I bonobo sanno quando ricevono un'ingiustizia

In questo studio, sei bonobo sono stati coinvolti in una serie di test per valutare la loro reazione a situazioni di palese iniquità. In uno degli esperimenti, per esempio, le scimmie dovevano scambiare dei gettoni per ottenere un premio in cibo, test già utilizzato in passato anche per valutare "il senso del denaro" nei primati. Tuttavia, non tutti i partecipanti ricevevano lo stesso premio: alcuni si trovavano davanti a una "paga" inferiore rispetto a un compagno, pur avendo svolto esattamente lo stesso compito. La reazione? In molti casi, i bonobo che si sentivano trattati ingiustamente si rifiutavano di partecipare ulteriormente all'esperimento.
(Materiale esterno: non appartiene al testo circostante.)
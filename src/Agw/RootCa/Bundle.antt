-- ===== src/Agw/RootCa/Bundle.antt =====
-- When the trust bundle of an AGW is in place: `reconcileAGWTrustBundle` of
-- internal/controller/agw_lifecycle.go.
use magma_operator.Agw.Deletion.Facts.{Was}
use magma_operator.Agw.Names.{
  Stage, agw_cert_secret_name, nms_cert_secret_name, orc8r_namespace, root_ca_secret_key,
}
use magma_operator.Agw.RootCa.{sync_agw_secret}
use magma_operator.Agw.RootCa.Once.{Copied}
use magma_operator.Api.Agw.{MagmaAgw}
use magma_operator.Base.{[], Dict, String, entry, false, is_empty, true, ◌<>◌, ◌≡◌, ◌⊎◌}
use magma_operator.Kube.Library.{Library}
use magma_operator.Kube.Stores.{HasMutated}
use magma_operator.Kube.Objects.{Secret, new_meta}
use magma_operator.Kube.Prog.{Answer, Call, Kind, err, get, is_not_found, ok}
use magma_operator.Kube.Sat.{History, Sat}

-- A secret of a namespace and name was read.
abbrev pub SawSecret : String → String → Secret → (c : Call) → Answer c → Type 0
SawSecret namespace name s (get Kind.secret namespace' name') (ok found) =
    (namespace' ≡ namespace) × (name' ≡ name) × (found ≡ s)
SawSecret namespace name s _ _ = ⊥

-- There was no volume claim of a namespace and name.
abbrev pub SawNoClaim : String → String → (c : Call) → Answer c → Type 0
SawNoClaim namespace name (get Kind.claim namespace' name') (err e) =
    (namespace' ≡ namespace) × (name' ≡ name) × (is_not_found e ≡ true)
SawNoClaim namespace name _ _ = ⊥

-- The secret of the AGW as `CreateOrUpdate` is given it.
abbrev pub named_agw_secret : MagmaAgw → String → Dict String → Secret
named_agw_secret agw release_name values = record {
  meta = new_meta agw.meta.namespace (agw_cert_secret_name release_name values);
  type = "";
  contents = [];
}

-- The certificate secret of Orc8r was read, and has a root certificate of this hash.
abbrev pub SawRootCa : Library → MagmaAgw → String → Secret → History → Type 0
SawRootCa L agw hash s h =
    Was (SawSecret (orc8r_namespace agw) (nms_cert_secret_name agw) s) h
    × (is_empty (entry root_ca_secret_key s.contents) ≡ false)
    × (hash ≡ L.sha256_hex (entry root_ca_secret_key s.contents))

-- That, and the server has the secret of the AGW with this root certificate and hash.
abbrev pub IsSynced : Library → MagmaAgw → String → Dict String → String → History → Type 0
IsSynced L agw release_name values hash h =
    (s : Secret) × SawRootCa L agw hash s h
    × HasMutated (named_agw_secret agw release_name values)
        (sync_agw_secret hash (entry root_ca_secret_key s.contents)) h

-- The secret is in place; and there is no volume claim of this name, or the job that copies the
-- certificate to it has succeeded.
abbrev pub InPlace : Library → MagmaAgw → String → Dict String → String → History → Type 0
InPlace L agw release_name values hash h =
    IsSynced L agw release_name values hash h
    × (Was (SawNoClaim agw.meta.namespace (release_name <> "-claim")) h
        ⊎ Copied agw.meta.namespace (release_name <> "-rootca-sync") hash h)

module _ (L : Library) (agw : MagmaAgw) (release_name : String) (values : Dict String) where
  abbrev pub BundleReady : History → String × Stage → Type 0
  BundleReady h r = r.1.ready ≡ true → InPlace L agw release_name values r.0 h
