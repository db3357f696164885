-- ===== src/Agw/RootCa/Synced.antt =====
-- The certificate secret of an AGW: the mutation of `reconcileAGWTrustBundle` of
-- internal/controller/agw_lifecycle.go.
use magma_operator.Agw.Names.{root_ca_hash_annotation, root_ca_secret_key}
use magma_operator.Agw.RootCa.{sync_agw_secret}
use magma_operator.Base.{
  String, entry, entry-insert, if◌then◌else◌, lookup, lookup-insert, lookup-remove, none, refl,
  some, ◌==◌, ◌≡◌,
}
use magma_operator.Kube.Objects.{Secret}

-- What the mutation leaves under any key of the secret: nothing under the keys of the private keys
-- and certificates of the gateway and the controller, the root certificate under `rootCA.pem`, and
-- else what was there; and the secret's annotation has the hash.
pub lookup-sync_agw_secret :
    (k hash root_ca : String) (s : Secret)
    → (lookup k (sync_agw_secret hash root_ca s).contents ≡ (
        if "controller.key" == k
        then none
        else if "controller.crt" == k
        then none
        else if "gateway.key" == k
        then none
        else if "gateway.crt" == k
        then none
        else if root_ca_secret_key == k
        then some root_ca
        else lookup k s.contents))
      × (entry root_ca_hash_annotation (sync_agw_secret hash root_ca s).meta.annotations ≡ hash)
unfolding sync_agw_secret
lookup-sync_agw_secret k hash root_ca s = (
  rw lookup-remove (rw lookup-remove (rw lookup-remove (rw lookup-remove (rw lookup-insert refl)))),
  rw entry-insert refl,
)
Un comportamento che, secondo gli autori, non può essere semplicemente spiegato con la delusione per le aspettative disattese: si tratterebbe, invece, di una vera e propria avversione per il trattamento non equo, una reazione negativa alle disuguaglianze. "I bonobo si sono rifiutati più spesso di partecipare quando si trovavano davanti a una distribuzione iniqua delle ricompense", ha spiegato in un comunicato Kia Radovanović, prima autrice dello studio. "E a differenza degli scimpanzé, le loro reazioni non sembrano dettate solo dalla delusione verso l'esperimento o verso l'umano, ma riflettono un'autentica intolleranza verso l'ingiustizia".
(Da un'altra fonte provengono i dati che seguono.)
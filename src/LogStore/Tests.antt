-- ===== src/LogStore/Tests.antt =====
-- The functions of log_store.c run on concrete cursors and rings, and the theorems on them applied to
-- such.
use cedar_switch_3i4o_power.Common.{
  ℕ, ◌≤◌, ◌<◌, ◌%◌, ◌≡◌, ◌↔◌, ◌⊎◌, ◌/◌, refl, true, false, none, some, List, [], ◌∷◌, Bytes, codes,
  All, arith, if◌then◌else◌, ◌==◌, replicate, length, length-replicate, ◌*◌, ◌++◌,
}
use cedar_switch_3i4o_power.LogStore.ByteOrder.{little_endian, put_little, get_little, IsByte}
use cedar_switch_3i4o_power.LogStore.Base64.{encode, decode}
use cedar_switch_3i4o_power.LogStore.Base64.Canonical.{decode-encode, encode-decode}
use cedar_switch_3i4o_power.LogStore.Types.{LogFilter, warning, debug}
use cedar_switch_3i4o_power.LogStore.State.{LogState, log_store_init}
use cedar_switch_3i4o_power.LogStore.Append.{
  LogEntry, hdr_size, record_max, need, cut_back, log_store_utf8_cut, entry_refused, append_ring,
  evict, add_record, stored, stored_or_empty,
}
use cedar_switch_3i4o_power.LogStore.Append.Log.{window-split, IsLog, joined, make_room}
use cedar_switch_3i4o_power.LogStore.Filter.{lower, equal_from, contains_from, ascii_contains}
use cedar_switch_3i4o_power.LogStore.Filter.Contains.{OccursAt, ascii_contains-OccursAt}
use cedar_switch_3i4o_power.LogStore.Reader.{
  log_store_reader_at, StandsFor, log_store_reader_at-StandsFor,
}
use cedar_switch_3i4o_power.LogStore.Record.{copy_record}
use cedar_switch_3i4o_power.LogStore.Record.ReadBack.{record_of, copy_record-frame_of}
use cedar_switch_3i4o_power.LogStore.Append.Evict.{Evicted, evict-Evicted}
use cedar_switch_3i4o_power.LogStore.Append.Refine.{frame_of, append_ring-IsLog}
use cedar_switch_3i4o_power.LogStore.Append.History.{AppendCall, call, Latest}
use cedar_switch_3i4o_power.LogStore.Append.Runs.{run, sent, run-Latest}
use cedar_switch_3i4o_power.LogStore.Ring.{Ring, ring_put, ring_get}
use cedar_switch_3i4o_power.LogStore.Ring.Window.{
  window, ring_get-ring_put, ring_get-ring_put_before,
}
use cedar_switch_3i4o_power.LogStore.Cursor.{
  positions, einval, estale, filter_digest, mix, fnv1a, cursor_check, raw_body, raw_cursor,
  check_raw, log_store_cursor_encode, log_store_cursor_decode,
}
use cedar_switch_3i4o_power.LogStore.Cursor.RoundTrip.{log_store_cursor_decode-encode}
use cedar_switch_3i4o_power.LogStore.Cursor.Accepted.{log_store_cursor_decode_only}

abbrev pub warnings : LogFilter
warnings = record {
  sources = 3;
  min_level = warning;
  has_module = true;
  module_name = codes "net";
  has_contains = false;
  contains = [];
}

abbrev everything : LogFilter
everything = record {
  sources = 3;
  min_level = debug;
  has_module = false;
  module_name = [];
  has_contains = false;
  contains = [];
}

encode_man : encode (codes "Man") ≡ codes "TWFu"
unfolding encode
encode_man = refl

decode_man : decode (codes "TWFu") ≡ some (codes "Man")
unfolding decode
decode_man = refl

decode_padding_bits : decode (codes "TX") ≡ none
unfolding decode
decode_padding_bits = refl

ring_put_wraps : ring_put (1 ∷ 2 ∷ 3 ∷ 4 ∷ []) 4 7 (8 ∷ 9 ∷ []) ≡ 9 ∷ 2 ∷ 3 ∷ 8 ∷ []
unfolding ring_put
ring_put_wraps = refl

ring_get_wraps : ring_get (9 ∷ 2 ∷ 3 ∷ 8 ∷ []) 4 7 2 ≡ 8 ∷ 9 ∷ []
unfolding ring_get
ring_get_wraps = refl

abbrev page : Bytes
page = 1 ∷ 2 ∷ 3 ∷ 4 ∷ []

-- Two bytes put across the end of a ring of four.
ring_get-ring_put_example : ring_get (ring_put page 4 7 (8 ∷ 9 ∷ [])) 4 7 2 ≡ 8 ∷ 9 ∷ []
ring_get-ring_put_example = ring_get-ring_put page 4 7 (8 ∷ 9 ∷ []) refl (omega arith) (omega arith)

ring_get-ring_put_before_example :
    ring_get (ring_put page 4 7 (8 ∷ 9 ∷ [])) 4 5 2 ≡ ring_get page 4 5 2
ring_get-ring_put_before_example =
    ring_get-ring_put_before page 4 7 (8 ∷ 9 ∷ []) refl (omega arith) (omega arith) 5 2
      (omega arith) (omega arith) (omega arith)

decode-encode_example : decode (encode (codes "cedar")) ≡ some (codes "cedar")
decode-encode_example =
    decode-encode (codes "cedar")
      (omega arith, (omega arith, (omega arith, (omega arith, (omega arith, tt)))))

-- The cursor that the device makes for `warnings` at the positions 8 and 12.
abbrev some_cursor : Bytes
some_cursor = codes "AU0AAACy_jjgCAAAAAAAAAAMAAAAAAAAALqeNBg"

some_cursor_made : log_store_cursor_encode little_endian warnings 8 12 77 40 ≡ some some_cursor
unfolding log_store_cursor_encode encode raw_cursor raw_body filter_digest mix fnv1a cursor_check
    put_little
some_cursor_made = refl

log_store_cursor_decode-encode_example :
    log_store_cursor_decode little_endian (some some_cursor) 78 warnings 16 16 ≡ (
      if filter_digest little_endian warnings == filter_digest little_endian warnings
      then if 77 == 78 then positions 8 12 else estale
      else einval)
log_store_cursor_decode-encode_example =
    log_store_cursor_decode-encode little_endian warnings warnings 8 12 77 78 40 16 16 some_cursor
      (omega arith) (omega arith) (omega arith) refl refl some_cursor_made

some_cursor_read :
    log_store_cursor_decode little_endian (some some_cursor) 77 warnings 16 16 ≡ positions 8 12
unfolding log_store_cursor_decode decode check_raw encode raw_cursor raw_body filter_digest mix
    fnv1a cursor_check put_little get_little
some_cursor_read = refl

other_filter_refused :
    log_store_cursor_decode little_endian (some some_cursor) 77 everything 16 16 ≡ einval
unfolding log_store_cursor_decode decode check_raw filter_digest mix fnv1a cursor_check get_little
other_filter_refused = refl

log_store_cursor_decode_only_example :
    (log_store_cursor_encode little_endian warnings 8 12 77 40 ≡ some some_cursor)
    × (8 % 4 ≡ 0)
    × (8 ≤ 16)
    × (12 % 4 ≡ 0)
    × (12 ≤ 16)
log_store_cursor_decode_only_example =
    log_store_cursor_decode_only little_endian some_cursor 77 16 16 8 12 warnings some_cursor_read

-- A ring of one kibibyte that nothing has been put into.
abbrev pub kib_ring : Ring
kib_ring = record {
  buf = replicate 1024 0;
  size = 1024;
  head = 0;
  tail = 0;
  records = 0;
  appended = 0;
  overwritten = 0;
}

abbrev pub cold : LogState
cold = record {
  stm32_ring = kib_ring;
  esp32_ring = kib_ring;
  next_seq = 0;
  timing = record { append_hold_max_us = 0; append_wait_max_us = 0; read_hold_max_us = 0 };
  initialized = false;
  panicked = false;
  losses = [];
}

abbrev pub boot_entry : LogEntry
boot_entry = record {
  source = 0;
  level = 2;
  kind = 0;
  truncated = false;
  generation = 1;
  uptime_ms = 12;
  module_name = some (codes "main");
  module_len = 4;
  text = some (codes "booted");
  text_len = 6;
}

abbrev three_calls : List AppendCall
three_calls =
    call (some boot_entry) false 3 5 ∷ call none false 0 0 ∷ call (some boot_entry) true 1 2 ∷ []

one_record : length (sent little_endian 0 1 three_calls) ≡ 1
unfolding sent entry_refused
one_record = refl

utf8_cut_before_half_a_character : log_store_utf8_cut (b'a' ∷ 0xD0 ∷ 0xB6 ∷ []) 3 2 ≡ 1
unfolding log_store_utf8_cut cut_back need
utf8_cut_before_half_a_character = refl

run-Latest_example :
    Latest little_endian
      (run little_endian three_calls (log_store_init cold)).stm32_ring
      cold.stm32_ring.size
      (sent little_endian 0 1 three_calls)
      (record_max * length three_calls)
    × Latest little_endian
        (run little_endian three_calls (log_store_init cold)).esp32_ring
        cold.esp32_ring.size
        (sent little_endian 1 1 three_calls)
        (record_max * length three_calls)
run-Latest_example =
    run-Latest little_endian three_calls cold (omega arith) (length-replicate {A = ℕ} 1024 0)
      (length-replicate {A = ℕ} 1024 0) (omega arith) (omega arith) (omega arith) (omega arith)

kib_ring-IsLog : IsLog little_endian kib_ring []
unfolding joined
kib_ring-IsLog = record {
  whole = length-replicate {A = ℕ} 1024 0;
  room = omega arith;
  sized = omega arith;
  head_is = refl;
  within = omega arith;
  held = refl;
  counted = refl;
  accounted = refl;
  framed = tt;
}

append_ring-IsLog_example : IsLog little_endian (append_ring little_endian boot_entry 7 kib_ring) (
    make_room 1024 (length (frame_of little_endian boot_entry 7)) []
    ++ (frame_of little_endian boot_entry 7 ∷ []))
append_ring-IsLog_example =
    append_ring-IsLog little_endian boot_entry 7 kib_ring [] (omega arith) kib_ring-IsLog

-- The same ring with one record in it, which does not fit beside 1000 more bytes.
abbrev pub one_ring : Ring
one_ring = append_ring little_endian boot_entry 7 kib_ring

one_ring_head : one_ring.head ≡ 44
unfolding append_ring add_record evict stored_or_empty stored
one_ring_head = refl

one_ring_size : one_ring.size ≡ 1024
unfolding append_ring add_record evict stored_or_empty stored
one_ring_size = refl

one_ring-IsLog : IsLog little_endian one_ring (frame_of little_endian boot_entry 7 ∷ [])
unfolding make_room
one_ring-IsLog =
    append_ring-IsLog little_endian boot_entry 7 kib_ring [] (omega arith) kib_ring-IsLog

evict-Evicted_example :
    Evicted little_endian one_ring
      (evict little_endian 2 1000 one_ring)
      (make_room one_ring.size 1000 (frame_of little_endian boot_entry 7 ∷ []))
evict-Evicted_example =
    evict-Evicted little_endian 2 1000 (frame_of little_endian boot_entry 7 ∷ []) one_ring
      (omega arith) (omega (arith, one_ring_size)) (omega (arith, one_ring_head)) one_ring-IsLog

one_ring_tail : one_ring.tail ≡ 0
unfolding append_ring add_record evict stored_or_empty stored
one_ring_tail = refl

one_ring_shows :
    window one_ring.buf one_ring.size one_ring.tail (length (frame_of little_endian boot_entry 7))
    ≡ frame_of little_endian boot_entry 7
unfolding joined
one_ring_shows =
    (window-split one_ring.buf one_ring.size one_ring.tail (frame_of little_endian boot_entry 7) []
      one_ring-IsLog.held).0

copy_record-frame_of_example :
    copy_record little_endian one_ring one_ring.tail
      (ring_get one_ring.buf one_ring.size one_ring.tail hdr_size)
    ≡ record_of little_endian boot_entry 7
copy_record-frame_of_example =
    copy_record-frame_of little_endian boot_entry 7 one_ring one_ring.tail one_ring-IsLog.whole
      one_ring-IsLog.room (omega (arith, one_ring_tail)) (omega arith) (omega arith) (omega arith)
      (omega arith) one_ring_shows

-- A search that ignores the case of the letters.
ascii_contains-OccursAt_example :
    ascii_contains (codes "Link Up") 7 (codes "UP") ≡ true
    ↔ ((p : ℕ) × OccursAt (codes "Link Up") (codes "UP") p)
ascii_contains-OccursAt_example = ascii_contains-OccursAt (codes "Link Up") (codes "UP")

up_found : ascii_contains (codes "Link Up") 7 (codes "UP") ≡ true
unfolding ascii_contains contains_from equal_from lower
up_found = refl

-- A reader set before the tail of the first ring and inside the second.
abbrev busy : LogState
busy = record cold {
  stm32_ring = record kib_ring { tail = 44; head = 88; records = 1 };
  esp32_ring = record kib_ring { tail = 0; head = 88; records = 2 };
}

log_store_reader_at-StandsFor_example :
    let reader = log_store_reader_at warnings 0 44 busy in
    StandsFor busy.stm32_ring 0 reader.pos0
    × StandsFor busy.esp32_ring 44 reader.pos1
    × (reader.gap ≡ true
        ↔ ((warnings.sources % 2 ≡ 1) × (0 < busy.stm32_ring.tail))
          ⊎ ((warnings.sources / 2 % 2 ≡ 1) × (44 < busy.esp32_ring.tail)))
log_store_reader_at-StandsFor_example =
    log_store_reader_at-StandsFor warnings 0 44 busy (omega arith) (omega arith)

encode-decode_example : All IsByte (codes "Man") × (codes "TWFu" ≡ encode (codes "Man"))
encode-decode_example =
    encode-decode (codes "TWFu") (codes "Man") (λ e. absurd (omega arith)) decode_man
Se a ricevere un vantaggio è un amico, allora si può chiudere un occhio

Un altro aspetto particolarmente interessante emerso dallo studio è che i bonobo sembrano accettare più facilmente l'ingiustizia quando a essere favorito era un compagno con cui avevano un forte legame sociale. In altre parole, se a ricevere di più era un amico stretto, allora è più facile chiudere un occhio. Questo dettaglio, tutt'altro che banale, ricorda molto da vicino alcuni meccanismi tipici delle relazioni umane. Anche tra noi umani, infatti, i rapporti affettivi e i legami sociali influenzano il modo in cui percepiamo e reagiamo all'ingiustizia. Un trattamento sfavorevole da parte di uno sconosciuto ci fa arrabbiare di più e lo troviamo inaccettabile, ma se a sbagliare è un amico o un familiare, siamo più propensi a perdonare.
Secondo Daniel Haun, direttore dell'Istituto Max Planck e co-autore dello studio, questi risultati suggeriscono che il senso della giustizia potrebbe essersi evoluto come meccanismo per rafforzare la cooperazione. E non solo in Homo sapiens, ma anche in altre specie sociali strettamente imparentate con noi. "Questo studio ci offre nuovi spunti su come potrebbe essersi evoluto il concetto di equità", ha spiegato Haun. "Ma serviranno ulteriori ricerche, magari con gruppi di bonobo più numerosi e in contesti più naturali, per affinare la nostra comprensione di questi meccanismi".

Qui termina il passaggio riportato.